Four ETFs For The Chindia Boom
When it comes to investing overseas, there's no shortage of cute phrases and acronyms to be applied to various groups of countries. In Europe we have the PIIGS. Of course, BRIC has become perhaps the most ubiquitous emerging markets acronym of all, though CIVETS is no slouch either.
There's another one that highlights a well-known investment thesis: Chindia. Of course that means China and India, the world's two fastest-growing major economies.
China and India share plenty of anecdotes in common. They are the two largest countries in the world by population. One is the largest communist country in the world, the other is world's largest democracy. By area, they are the third- and seventh-largest countries in the world, respectively. China is expected to become the world's largest economy at some point, but some economists believe India will take that crown two decades later.
The ETF industry has tapped into the Chinese and Indian growth stories in a major way as there are nearly 230 ETFs listed in the U.S. that offer exposure to China and almost 110 that feature India. Some are even heavy on both countries, presenting indecisive investors looking for Chindia exposure with some compelling options. Here are some Chindia funds to look at right now.
First Trust ISE Chindia Index Fund (NYSE: FNI) The First Trust ISE Chindia Index Fund has been around almost five years, but it can still sport the honor of being THE Chindia ETF. That's right, FNI is devoted entirely to China and India. That was really bad news in 2011, but in 2012, FNI is up almost 23% year-to-date. Technology stocks account for over 35% of FNI's weight and that means some names that are familiar to U.S. investors such as Baidu (NYSE: BIDU) and Infosys (Nasdaq: INFY).
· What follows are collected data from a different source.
-- ===== src/Index/Store.antt =====
-- The index files, SaveIndexRecords and loadIndexSnapshots in runtime/index.go, and the questions
-- that are answered from the loaded snapshots alone. An index is one file in a directory per plugin
-- and instance; what a file holds is the snapshot that encoding/json reads from it.
pub mod Laws
pub mod Records
pub mod Status
use fluxplane_dex.Prelude.{
  ℕ, zero, suc, ◌+◌, String, Bool, false, true, ◌&&◌, ◌||◌, not, Option, none, some, List, [], ◌∷◌,
  ◌++◌, map, ◌==◌, if◌then◌else◌, trim_space, ltb, length, any, str_lt,
}
use fluxplane_dex.Prelude.Int.{ℤ, pos}
use fluxplane_dex.Prelude.Outcome.{Outcome, ok, err, ◌>>=◌}
use fluxplane_dex.Prelude.Sorting.{sort, by_key}
use fluxplane_dex.Files.{
  File, absent, unreadable, malformed, holds, Disk, no_directory, after_write, write_error,
}
use fluxplane_dex.Maps.{Map, get, put}
use fluxplane_dex.Json.{Object, Value, int, text, Codec}
use fluxplane_dex.Grants.{PathName, path_name, same_path, normalize_instance}
use fluxplane_dex.Index.{IndexRecord, IndexSnapshot, normalize_index_record, enrich_index_record}

-- an entry of a directory: its name, whether it is a file whose extension is .json, and the content
pub record Entry : Type 0 where
  pub name : PathName
  pub is_json : Bool
  pub content : File IndexSnapshot

-- what os.ReadDir finds
pub data Directory : Type 0 where
  missing : Directory
  closed : String → Directory
  entries : List Entry → Directory

-- the directory of a plugin and an instance
abbrev pub IndexDir : Type 0
IndexDir = PathName → PathName → Directory

-- A snapshot that is read goes before the others. A file that is gone by then is an error as well.
abbrev pub add_content :
    File IndexSnapshot → Outcome (List IndexSnapshot) → Outcome (List IndexSnapshot)
add_content absent rest = err "file does not exist"
add_content (unreadable m) rest = err m
add_content (malformed m) rest = err m
add_content (holds s) rest = rest >>= λ ss. ok (s ∷ ss)

-- the loop over the entries
unfoldable pub read_entries : List Entry → Outcome (List IndexSnapshot)
read_entries [] = ok []
read_entries (e ∷ es) =
    let rest = read_entries es in if e.is_json then add_content e.content rest else rest

-- the snapshots of a directory, sorted by index
unfoldable pub read_directory : Directory → Outcome (List IndexSnapshot)
unfolding read_entries
read_directory missing = ok []
read_directory (closed m) = err m
read_directory (entries es) = do
  ss ← read_entries es
  ok (sort (by_key (λ (s : IndexSnapshot). s.index)) ss)

unfoldable pub load_index_snapshots : IndexDir → String → String → Outcome (List IndexSnapshot)
unfolding read_directory
load_index_snapshots dir plugin instance_name =
    read_directory (dir (path_name plugin) (path_name (normalize_instance instance_name)))

-- metadata[key] = value where the key is missing
abbrev pub put_missing : String → Value → Object → Object
put_missing key value o = elim (get key o) [ none ↦ put key value o | some v ↦ o ]

module _ (codec : Codec) where
  abbrev pub object_or_empty : String → Object
  object_or_empty raw =
      if trim_space raw == "" then [] else elim (codec.unmarshal raw) [ none ↦ [] | some o ↦ o ]

  -- The text `null` makes the map nil, and the first assignment to it panics.
  unfoldable pub normalize_index_metadata : (ℕ → String) → String → IndexSnapshot → Outcome String
  unfolding put get
  normalize_index_metadata rfc3339 raw s =
      if trim_space raw == "null"
      then err "assignment to entry in nil map"
      else ok (
          codec.marshal (
            put_missing "records" (int (pos (length s.records))) (
              put_missing "index" (text s.index) (
                put_missing "instance" (text s.instance_name) (
                  put_missing "plugin" (text s.plugin) (
                    put_missing "built_at" (text (rfc3339 s.updated_at)) (object_or_empty raw)))))))

  -- the records that are kept
  unfoldable pub normalize_records : List String → List IndexRecord
  normalize_records [] = []
  normalize_records (raw ∷ raws) = elim (normalize_index_record codec raw) [
    | none ↦ normalize_records raws
    | some r ↦ r ∷ normalize_records raws
  ]

  -- the snapshot that SaveIndexRecordsWithMetadata builds from the trimmed names
  unfoldable pub new_snapshot :
      (ℕ → String) → ℕ → String → String → String → List String → String → Outcome IndexSnapshot
  unfolding normalize_records normalize_index_metadata
  new_snapshot rfc3339 now plugin instance_name index raws metadata =
      let s : IndexSnapshot = record {
        plugin = plugin;
        instance_name = instance_name;
        index = index;
        records = normalize_records raws;
        updated_at = now;
        metadata = "";
      } in
      if plugin == "" || index == ""
      then err "plugin and index are required"
      else normalize_index_metadata rfc3339 metadata s >>= λ m. ok (record s { metadata = m })

-- os.WriteFile: the entry of that name is replaced, or one is added
unfoldable pub put_entry :
    PathName → (File IndexSnapshot → File IndexSnapshot) → List Entry → List Entry
unfolding same_path
put_entry name write [] = record { name = name; is_json = true; content = write absent } ∷ []
put_entry name write (e ∷ es) =
    let rest = put_entry name write es in
    if e.is_json && same_path e.name name
    then record e { content = write e.content } ∷ es
    else e ∷ rest

-- A directory that cannot be listed stays so.
unfoldable pub put_file :
    PathName → (File IndexSnapshot → File IndexSnapshot) → Directory → Directory
put_file name write missing = entries (put_entry name write [])
put_file name write (closed m) = closed m
put_file name write (entries es) = entries (put_entry name write es)

unfoldable pub after_save : Disk IndexSnapshot → IndexSnapshot → IndexDir → IndexDir
unfolding put_file
after_save (no_directory m) s dir p i = dir p i
after_save disk s dir p i =
    if same_path (path_name s.plugin) p && same_path (path_name s.instance_name) i
    then put_file (path_name s.index) (after_write disk s) (dir p i)
    else dir p i

abbrev pub or_error : Option String → IndexSnapshot → Outcome IndexSnapshot
or_error none s = ok s
or_error (some e) s = err e

-- the part that writes the snapshot
abbrev pub write_snapshot :
    Disk IndexSnapshot → IndexDir → Outcome IndexSnapshot → Outcome IndexSnapshot × IndexDir
write_snapshot disk dir (err e) = (err e, dir)
write_snapshot disk dir (ok s) = (or_error (write_error disk) s, after_save disk s dir)

unfoldable pub save_index_records_with_metadata :
    Codec
    → (ℕ → String)
    → ℕ
    → Disk IndexSnapshot
    → String
    → String
    → String
    → List String
    → String
    → IndexDir
    → Outcome IndexSnapshot × IndexDir
save_index_records_with_metadata codec rfc3339 now disk plugin instance_name index raws metadata
      dir =
    write_snapshot disk dir (
      new_snapshot codec rfc3339 now (trim_space plugin) (normalize_instance instance_name)
        (trim_space index) raws metadata)

-- HasIndex
unfoldable pub has_index : IndexDir → String → String → String → Outcome Bool
has_index dir plugin instance_name index = do
  ss ← load_index_snapshots dir plugin instance_name
  ok (any (λ s. s.index == trim_space index) ss)

unfoldable pub has_indexed_entity : IndexDir → String → String → String → Outcome Bool
has_indexed_entity dir plugin instance_name entity = do
  ss ← load_index_snapshots dir plugin instance_name
  ok (any (λ s. any (λ r. r.entity == trim_space entity) s.records) ss)

module _ (codec : Codec) where
  -- the loop of GetIndexRecord over the records of one snapshot
  unfoldable pub find_id : String → IndexSnapshot → List IndexRecord → Option IndexRecord
  find_id id s [] = none
  find_id id s (r ∷ rs) =
      let rest = find_id id s rs in
      if r.id == id then some (enrich_index_record codec s r) else rest

  -- the loop of GetIndexRecordByEntity
  unfoldable pub find_entity_id :
      String → String → IndexSnapshot → List IndexRecord → Option IndexRecord
  find_entity_id entity id s [] = none
  find_entity_id entity id s (r ∷ rs) =
      let rest = find_entity_id entity id s rs in
      let full = enrich_index_record codec s r in
      if not (r.id == id)
      then rest
      else if not (entity == "") && not (full.entity == entity)
      then rest
      else some full

  -- the loop over the snapshots
  unfoldable pub first_found :
      (IndexSnapshot → List IndexRecord → Option IndexRecord)
      → List IndexSnapshot
      → Option IndexRecord
  first_found search [] = none
  first_found search (s ∷ ss) = elim (search s s.records) [
    | some r ↦ some r
    | none ↦ first_found search ss
  ]

  unfoldable pub get_index_record :
      IndexDir → String → String → String → Outcome (Option IndexRecord)
  unfolding first_found find_id
  get_index_record dir plugin instance_name id = do
    ss ← load_index_snapshots dir plugin instance_name
    ok (first_found (find_id (trim_space id)) ss)

  unfoldable pub get_index_record_by_entity :
      IndexDir → String → String → String → String → Outcome (Option IndexRecord)
  unfolding first_found find_entity_id
  get_index_record_by_entity dir plugin instance_name entity id = do
    ss ← load_index_snapshots dir plugin instance_name
    ok (first_found (find_entity_id (trim_space entity) (trim_space id)) ss)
For those that have missed FNI's recent rally, take a look at the ETF again if it crosses $23 on strong volume. FNI has almost $100 million in AUM and is home to 50 stocks.
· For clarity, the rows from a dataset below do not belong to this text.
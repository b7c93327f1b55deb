-- ===== src/Index/Search.antt =====
-- SearchIndexWithOptions and LookupIndexWithOptions in runtime/index.go: the records of all loaded
-- snapshots are enriched, filtered and scored, and the best are kept.
pub mod Laws
pub mod Matches
use fluxplane_dex.Prelude.{
  ℕ, zero, suc, String, Bool, false, true, ◌&&◌, ◌||◌, not, Option, none, some, List, [], ◌∷◌, ◌++◌,
  ◌==◌, if◌then◌else◌, trim_space, to_lower, ltb, nat_eq,
}
use fluxplane_dex.Prelude.Int.{ℤ, pos, negsuc}
use fluxplane_dex.Prelude.Outcome.{Outcome, ok, err, ◌>>=◌}
use fluxplane_dex.Prelude.Ranking.{top, ranks_before}
use fluxplane_dex.Json.{Codec}
use fluxplane_dex.Index.{IndexRecord, IndexSnapshot, IndexOrigin, enrich_index_record}
use fluxplane_dex.Index.Score.{Tally, index_record_score}
use fluxplane_dex.Index.Lookup.{LookupOptions, lookup_terms, lookup_record_score}
use fluxplane_dex.Index.Store.{IndexDir, load_index_snapshots}

pub record SearchOptions : Type 0 where
  pub datasource : String
  pub query : String
  pub limit : ℤ
  pub entity : String

-- a limit that is not positive is 20
unfoldable pub limit_of : ℤ → ℕ
limit_of (pos zero) = 20
limit_of (pos (suc n)) = suc n
limit_of (negsuc n) = 20

-- the loop over the records of a snapshot, where `hit` is its body
unfoldable pub gather : {A : Type 0} → (IndexRecord → Option A) → List IndexRecord → List A
gather hit [] = []
gather hit (r ∷ rs) = elim (hit r) [ none ↦ gather hit rs | some a ↦ a ∷ gather hit rs ]

-- the loop over the snapshots
unfoldable pub gather_all :
    {A : Type 0} → (IndexSnapshot → IndexRecord → Option A) → List IndexSnapshot → List A
unfolding gather
gather_all hit [] = []
gather_all hit (s ∷ ss) = gather (hit s) s.records ++ gather_all hit ss

abbrev pub other_entity : String → IndexRecord → Bool
other_entity entity r = not (entity == "") && not (r.entity == entity)

-- pluginbinding.LookupMatch
pub record LookupMatch : Type 0 where
  pub source : IndexOrigin
  pub entity : String
  pub id : String
  pub score : ℕ
  pub matched_fields : List String
  pub matched : IndexRecord

abbrev pub record_before : IndexRecord → IndexRecord → Bool
record_before =
    ranks_before (λ (r : IndexRecord). r.score) (λ (r : IndexRecord). r.entity)
      (λ (r : IndexRecord). r.id)

abbrev pub match_before : LookupMatch → LookupMatch → Bool
match_before =
    ranks_before (λ (m : LookupMatch). m.score) (λ (m : LookupMatch). m.entity)
      (λ (m : LookupMatch). m.id)

abbrev pub with_tally : IndexRecord → Tally → IndexRecord
with_tally r t = record r { score = t.score; matched_fields = t.fields }

module _ (codec : Codec) where
  -- the body of the search loop
  unfoldable pub search_hit : String → String → IndexSnapshot → IndexRecord → Option IndexRecord
  search_hit entity query s r =
      let full = enrich_index_record codec s r in
      let t = index_record_score codec 1 full query in
      if other_entity entity full
      then none
      else if query == "" || ltb 0 t.score
      then some (with_tally full t)
      else none

  -- the records that a search chooses from
  abbrev pub search_hits : SearchOptions → List IndexSnapshot → List IndexRecord
  search_hits options ss =
      gather_all (search_hit (trim_space options.entity) (to_lower (trim_space options.query))) ss

  unfoldable pub search_index_with_options :
      IndexDir → String → String → SearchOptions → Outcome (List IndexRecord)
  unfolding limit_of gather_all search_hit
  search_index_with_options dir plugin instance_name options = do
    ss ← load_index_snapshots dir plugin instance_name
    ok (top record_before (limit_of options.limit) (search_hits options ss))

  -- SearchIndex
  abbrev pub search_index : IndexDir → String → String → String → ℤ → Outcome (List IndexRecord)
  search_index dir plugin instance_name query limit =
      search_index_with_options dir plugin instance_name
        (record { datasource = ""; query = query; limit = limit; entity = "" })

  -- the body of the lookup loop
  unfoldable pub lookup_hit :
      String → String → List String → IndexSnapshot → IndexRecord → Option LookupMatch
  lookup_hit entity text terms s r =
      let full = enrich_index_record codec s r in
      let t = lookup_record_score codec full text terms in
      if other_entity entity full
      then none
      else if nat_eq t.score 0
      then none
      else some (record {
        source = full.origin;
        entity = full.entity;
        id = full.id;
        score = t.score;
        matched_fields = t.fields;
        matched = with_tally full t;
      })

  abbrev pub lookup_hits : LookupOptions → List IndexSnapshot → List LookupMatch
  lookup_hits options ss =
      gather_all
        (lookup_hit (trim_space options.entity) (to_lower (trim_space options.text))
          (lookup_terms options))
        ss

  unfoldable pub lookup_index_with_options :
      IndexDir → String → String → LookupOptions → Outcome (List LookupMatch)
  unfolding limit_of gather_all lookup_hit
  lookup_index_with_options dir plugin instance_name options = do
    ss ← load_index_snapshots dir plugin instance_name
    ok (top match_before (limit_of options.limit) (lookup_hits options ss))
EGShares Financials GEMS ETF (NYSE: FGEM) After FNI, the Chindia quest becomes about finding ETFs that over heavy combined exposure to both countries and FGEM fits that bill as China and India represent over 48% of the ETF's weight. Brazil also figures prominently in FGEM's country weight with an 18.1% allocation, so it can be said this is a BIC ETF, too. Emerging markets and banks together were downright ugly last year but as the market starts rewarding risk again, FGEM could add to its already stellar 2012 performance.
SPDR S&P Emerging Asia Pacific ETF (NYSE: GMF) There's a slew of Asia Pacific ETFs on the market. Plenty of them have some specialized niche such as ex-Japan or emerging markets. For some reason, and we don't know exactly what it is, many of these ETFs lack significant India exposure. Under-the-radar play GMF does not. Combine China and India and those countries represent almost 54% of GMF's weight.
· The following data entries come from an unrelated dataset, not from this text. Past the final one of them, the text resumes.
-- ===== src/Index/Search/Laws.antt =====
-- The answers of SearchIndexWithOptions, runtime/index.go.
use mathlib.Core.Path.{subst}
use fluxplane_dex.Prelude.{
  ℕ, zero, suc, ◌≤◌, ◌<◌, Bool, not, ◌&&◌, none, map, filtered, concat, ap, if◌then◌else◌, ◌++◌,
  String, ◌≡◌, ◌⊎◌, refl, true, Option, some, List, [], ◌∷◌, ◌==◌, trim_space, to_lower, arith, All,
  All-append, inl, inr, Bool-cases, Option-cases, ltb, eq_iff, ◌||◌,
}
use fluxplane_dex.Prelude.Outcome.{ok}
use fluxplane_dex.Prelude.Ranking.{
  top, IsTop, top-IsTop, ranks_before-IsLess, NotWorse, ranks_before-NotWorse, All-top,
}
use fluxplane_dex.Prelude.Int.{ℤ, pos, negsuc}
use fluxplane_dex.Json.{Codec}
use fluxplane_dex.Index.{IndexRecord, IndexSnapshot, enrich_index_record}
use fluxplane_dex.Index.Score.{index_record_score}
use fluxplane_dex.Index.Score.Bounds.{index_record_score-IsGraded}
use fluxplane_dex.Index.Store.{IndexDir, load_index_snapshots}
use fluxplane_dex.Index.Search.{
  SearchOptions, limit_of, gather, gather_all, other_entity, record_before, with_tally, search_hit,
  search_hits, search_index_with_options,
}

All-gather :
    {A : Type 0} (P : A → Type 0) (hit : IndexRecord → Option A)
    → ((r : IndexRecord) (a : A) → hit r ≡ some a → P a)
    → (rs : List IndexRecord) → All P (gather hit rs)
unfolding gather
All-gather P hit h [] = tt
All-gather P hit h (r ∷ rs) = elim (Option-cases (hit r)) [
  | inl e ↦ rw (e, gather) (All-gather P hit h rs)
  | inr (a, e) ↦ rw (e, gather) (h r a e, All-gather P hit h rs)
]

pub All-gather_all :
    {A : Type 0} (P : A → Type 0) (hit : IndexSnapshot → IndexRecord → Option A)
    → ((s : IndexSnapshot) (r : IndexRecord) (a : A) → hit s r ≡ some a → P a)
    → (ss : List IndexSnapshot) → All P (gather_all hit ss)
unfolding gather_all
All-gather_all P hit h [] = tt
All-gather_all P hit h (s ∷ ss) =
    All-append P (gather (hit s) s.records) (gather_all hit ss)
      (All-gather P (hit s) (h s) s.records) (All-gather_all P hit h ss)

-- A loop that keeps what passes a test is a map and then a filter.
gather-filtered :
    {A : Type 0} (hit : IndexRecord → Option A) (f : IndexRecord → A) (test : A → Bool)
    → ((r : IndexRecord) → hit r ≡ (if test (f r) then some (f r) else none))
    → (rs : List IndexRecord) → gather hit rs ≡ filtered test (map f rs)
unfolding gather
gather-filtered hit f test h [] = refl
gather-filtered hit f test h (r ∷ rs) = elim (Bool-cases (test (f r))) [
  | inl e ↦
      let found : hit r ≡ some (f r) = rw e at (h r) in
      rw (found, e, gather) (ap (λ xs. f r ∷ xs) (gather-filtered hit f test h rs))
  | inr e ↦
      let passed : hit r ≡ none = rw e at (h r) in
      rw (passed, e, gather) (gather-filtered hit f test h rs)
]

pub gather_all-filtered :
    {A : Type 0} (hit : IndexSnapshot → IndexRecord → Option A)
    (f : IndexSnapshot → IndexRecord → A) (test : A → Bool)
    → ((s : IndexSnapshot) (r : IndexRecord)
        → hit s r ≡ (if test (f s r) then some (f s r) else none))
    → (ss : List IndexSnapshot)
    → gather_all hit ss ≡ concat (map (λ s. filtered test (map (f s) s.records)) ss)
unfolding gather_all
gather_all-filtered hit f test h [] = refl
gather_all-filtered hit f test h (s ∷ ss) =
    rw (gather-filtered (hit s) (f s) test (h s) s.records)
      (ap (λ xs. filtered test (map (f s) s.records) ++ xs) (gather_all-filtered hit f test h ss))

-- how many answers may be given: 20 where no positive limit is asked for
abbrev pub allowed : ℤ → ℕ
allowed (pos (suc n)) = suc n
allowed _ = 20

pub limit_of-allowed : (limit : ℤ) → limit_of limit ≡ allowed limit
unfolding limit_of
limit_of-allowed (pos zero) = refl
limit_of-allowed (pos (suc n)) = refl
limit_of-allowed (negsuc n) = refl

-- the entity is the one asked for, if one is
abbrev pub is_of : String → String → Bool
is_of asked entity = asked == "" || entity == asked

pub other_entity-is_of :
    (asked : String) (r : IndexRecord) → other_entity asked r ≡ not (is_of asked r.entity)
other_entity-is_of asked r = ground arith

-- of two records, the one may stand before the other
abbrev pub MayPrecede : IndexRecord → IndexRecord → Type 0
MayPrecede =
    NotWorse (λ (r : IndexRecord). r.score) (λ (r : IndexRecord). r.entity)
      (λ (r : IndexRecord). r.id)

-- The record is one that the options ask for.
pub record IsAnswer (options : SearchOptions) (r : IndexRecord) : Type 0 where
  pub of_entity : (trim_space options.entity ≡ "") ⊎ (r.entity ≡ trim_space options.entity)
  pub scored : (to_lower (trim_space options.query) ≡ "") ⊎ (0 < r.score)
  pub bounded : r.score ≤ 1000
  pub from_index : r.origin.source ≡ "host_index"

positive : (query : String) (n : ℕ) → (query == "" || ltb 0 n) ≡ true → (query ≡ "") ⊎ (0 < n)
positive query n h = elim (Bool-cases (query == "")) [
  | inl e ↦ inl (ground (arith, eq_iff query ""))
  | inr e ↦ inr (ground arith)
]

pub of_asked : (asked entity : String) → is_of asked entity ≡ true → (asked ≡ "") ⊎ (entity ≡ asked)
of_asked asked entity h = elim (Bool-cases (asked == "")) [
  | inl e ↦ inl ((eq_iff asked "").0 e)
  | inr e ↦ inr (ground (arith, eq_iff entity asked))
]

module _ (codec : Codec) where
  -- a record of a snapshot, completed and with its score
  abbrev pub graded : SearchOptions → IndexSnapshot → IndexRecord → IndexRecord
  graded options s r =
      let full = enrich_index_record codec s r in
      let t = index_record_score codec 1 full (to_lower (trim_space options.query)) in
      record full { score = t.score; matched_fields = t.fields }

  abbrev pub is_wanted : SearchOptions → IndexRecord → Bool
  is_wanted options r =
      is_of (trim_space options.entity) r.entity
      && (to_lower (trim_space options.query) == "" || ltb 0 r.score)

  -- all records of the snapshots that a search may answer with
  abbrev pub candidates : SearchOptions → List IndexSnapshot → List IndexRecord
  candidates options ss =
      concat (map (λ s. filtered (is_wanted options) (map (graded options s) s.records)) ss)

  search_hits-candidates :
      (options : SearchOptions) (ss : List IndexSnapshot)
      → search_hits codec options ss ≡ candidates options ss
  unfolding search_hit
  search_hits-candidates options ss =
      gather_all-filtered _ (graded options) (is_wanted options)
        (λ s r.
          ground
            (arith, other_entity-is_of (trim_space options.entity) (enrich_index_record codec s r)))
        ss

  score-bounded :
      (r : IndexRecord) (query : String) → (index_record_score codec 1 r query).score ≤ 1000
  unfolding index_record_score
  score-bounded r query = elim (Bool-cases (query == "")) [
    | inl e ↦ rw e (omega arith)
    | inr e ↦
        (index_record_score-IsGraded codec 1 r query (λ b. ground (arith, eq_iff query ""))).bounded
  ]

  origin-enrich :
      (s : IndexSnapshot) (r : IndexRecord)
      → (enrich_index_record codec s r).origin.source ≡ "host_index"
  unfolding enrich_index_record
  origin-enrich s r = refl

  search_hit-IsAnswer :
      (options : SearchOptions) (s : IndexSnapshot) (r h : IndexRecord)
      → search_hit codec (trim_space options.entity) (to_lower (trim_space options.query)) s r
        ≡ some h
      → IsAnswer options h
  unfolding search_hit
  search_hit-IsAnswer options s r h e =
      let entity = trim_space options.entity in
      let query = to_lower (trim_space options.query) in
      let full = enrich_index_record codec s r in
      let t = index_record_score codec 1 full query in
      let (same, scored, is_h) : (is_of entity full.entity ≡ true)
          × ((query == "" || ltb 0 t.score) ≡ true)
          × (with_tally full t ≡ h) =
        let other = other_entity-is_of entity full in
        (ground (arith, other), ground arith, ground arith) in
      subst (IsAnswer options) is_h (record {
        of_entity = of_asked entity full.entity same;
        scored = positive query t.score scored;
        bounded = score-bounded full query;
        from_index = origin-enrich s r;
      })

  -- If the snapshots load, a search answers with at most the limit of the candidates, 20 if no
  -- positive limit is asked for. The candidates are the records of the snapshots, completed and
  -- scored, that are of the entity asked for and score more than 0 unless the query is blank. The
  -- answers have the higher score first, then the smaller entity and id; each may stand before every
  -- candidate left out, and some are left out only if the limit is reached. Each comes from the host
  -- index and scores at most 1000.
  pub search_index_with_options-IsTop :
      (dir : IndexDir) (plugin instance_name : String) (options : SearchOptions)
      (ss : List IndexSnapshot)
      → load_index_snapshots dir plugin instance_name ≡ ok ss
      → (out : List IndexRecord) × (search_index_with_options codec dir plugin instance_name options
          ≡ ok out)
        × IsTop MayPrecede (allowed options.limit) (candidates options ss) out
        × All (IsAnswer options) out
  unfolding search_index_with_options
  search_index_with_options-IsTop dir plugin instance_name options ss h =
      let n = limit_of options.limit in
      let hits = search_hits codec options ss in
      let best =
        top-IsTop record_before (ranks_before-IsLess _ _ _) MayPrecede (ranks_before-NotWorse _ _ _)
          n hits in
      rw h (
        top record_before n hits,
        refl,
        subst (λ xs. IsTop MayPrecede (allowed options.limit) xs (top record_before n hits))
            (search_hits-candidates options ss)
            (subst (λ m. IsTop MayPrecede m hits (top record_before n hits))
              (limit_of-allowed options.limit) best),
        All-top record_before (IsAnswer options) n hits
            (All-gather_all (IsAnswer options) _ (search_hit-IsAnswer options) ss),
      )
Throw in Taiwan and there's over 81% of GMF's country exposure. For an ETF with GMF's recent track record and considering it has over $492 million in AUM, GMF doesn't grab a lot of attention, but it's a valid Chindia play.
EGShares Industrials GEMS ETF (NYSE: IGEM) Let the horn tooting begin. We highlighted IGEM in early January. Since then the ETF has gained about 20%. As we said, IGEM will not any popularity or volume contests anytime soon, but it's recent returns are hard to argue with. Chindia exposure: 46.5%.